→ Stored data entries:

———

-- ===== src/Connect/Discovery.antt =====
-- `get_internal_connect` of src/helpers/internal_client.rs in builds without `native-db` or without
-- `bebop`: what the caller names is not used, and neither is what is stored.
use atomic_websocket.Base.{
  ℕ, ◌≡◌, refl, Text, codes, Bool, true, false, not, if◌then◌else◌, is_empty,
}
use atomic_websocket.Runtime.Channel.{Channel, TrySend, sent, full, closed}
use atomic_websocket.Runtime.Database.{Database}
use atomic_websocket.Schema.{Primitives}
use atomic_websocket.Options.{ClientOptions}
use atomic_websocket.Sender.{
  SenderStatus, connected, disconnected, connecting, ServerSender, is_valid_server_ip, notify,
  send_status, after_status,
}
use atomic_websocket.Sender.Persist.{Session}
use atomic_websocket.Connect.{Call, done, scanning, sender_status, set_scanning, begin_scan}

-- `ScanManager::new("9000")`.
abbrev pub scan_port : Text
scan_port = codes "9000"

module _ (S : Channel SenderStatus) (C : Channel Text) (D : Database) (P : Primitives) where
  -- Up to the scan; `finish_scan` is the rest.
  unfoldable pub get_internal_connect : ℕ → Text → ClientOptions → Session S C D P → Call S C D P
  get_internal_connect now local_ip options w =
      if w.sender.is_try_connect
      then done w
      else if is_valid_server_ip S C now w.sender
      then done (sender_status S C D P connected w)
      else if not options.use_scan_discovery
      then done (sender_status S C D P disconnected w)
      else begin_scan S C D P local_ip scan_port w

  -- Nothing is spawned and nothing is stored.
  pub record IsIdle (w v : Session S C D P) : Type 0 where
    pub spawned : v.sender.spawned ≡ w.sender.spawned
    pub stored : v.db ≡ w.db

  after_status-spawned :
      (r : TrySend × S.Chan) (s : ServerSender S C) → (after_status S C r s).1.spawned ≡ s.spawned
  after_status-spawned (sent, c) s = refl
  after_status-spawned (full, c) s = refl
  after_status-spawned (closed, c) s = refl

  sender_status-IsIdle :
      (status : SenderStatus) (w : Session S C D P) → IsIdle w (sender_status S C D P status w)
  unfolding notify send_status
  sender_status-IsIdle status w = record {
    spawned = after_status-spawned (S.try_send w.sender.status_tx status) w.sender;
    stored = refl;
  }

  -- From `w` on nothing is spawned and nothing is stored, and if the call goes on with a scan, it is
  -- one of the port.
  abbrev pub OnlyScans : Text → Session S C D P → Call S C D P → Type 0
  OnlyScans port w (done v) = IsIdle w v
  OnlyScans port w (scanning other v) = IsIdle w v × (other ≡ port)

  either :
      (port : Text) (w : Session S C D P) (b : Bool) (c d : Call S C D P)
      → OnlyScans port w c
      → OnlyScans port w d
      → OnlyScans port w (if b then c else d)
  either port w true c d h k = h
  either port w false c d h k = k

  reported :
      (status : SenderStatus) (b : Bool) (w : Session S C D P)
      → IsIdle w (sender_status S C D P status (set_scanning S C D P b w))
  reported status b w =
      let idle = sender_status-IsIdle status (set_scanning S C D P b w) in
      record { spawned = idle.spawned; stored = idle.stored }

  begin_scan-OnlyScans :
      (local_ip port : Text) (w : Session S C D P)
      → OnlyScans port w (begin_scan S C D P local_ip port w)
  unfolding begin_scan
  begin_scan-OnlyScans local_ip port w =
      either port w w.sender.is_scanning _ _ (record { spawned = refl; stored = refl })
        (either port w (is_empty local_ip) _ _ (reported disconnected false w)
          (reported connecting true w, refl))

  -- In builds without `native-db` or without `bebop`, a call spawns no dial, whatever address is
  -- stored, and stores nothing: at most it goes on with a scan, and then of port 9000.
  pub get_internal_connect-OnlyScans :
      (now : ℕ) (local_ip : Text) (options : ClientOptions) (w : Session S C D P)
      → OnlyScans scan_port w (get_internal_connect now local_ip options w)
  unfolding get_internal_connect
  get_internal_connect-OnlyScans now local_ip options w =
      either scan_port w w.sender.is_try_connect _ _ (record { spawned = refl; stored = refl })
        (either scan_port w (is_valid_server_ip S C now w.sender) _ _
          (sender_status-IsIdle connected w)
          (either scan_port w (not options.use_scan_discovery) _ _
            (sender_status-IsIdle disconnected w) (begin_scan-OnlyScans local_ip scan_port w)))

———

→ Task goal: From the records above, extract exactly and only the lines that begin at the line with "either port w w.sender.is_scanning" and stop after the line with "(now : ℕ) (local_ip".

→ Finished task:
      either port w w.sender.is_scanning _ _ (record { spawned = refl; stored = refl })
        (either port w (is_empty local_ip) _ _ (reported disconnected false w)
          (reported connecting true w, refl))

  -- In builds without `native-db` or without `bebop`, a call spawns no dial, whatever address is
  -- stored, and stores nothing: at most it goes on with a scan, and then of port 9000.
  pub get_internal_connect-OnlyScans :
      (now : ℕ) (local_ip : Text) (options : ClientOptions) (w : Session S C D P)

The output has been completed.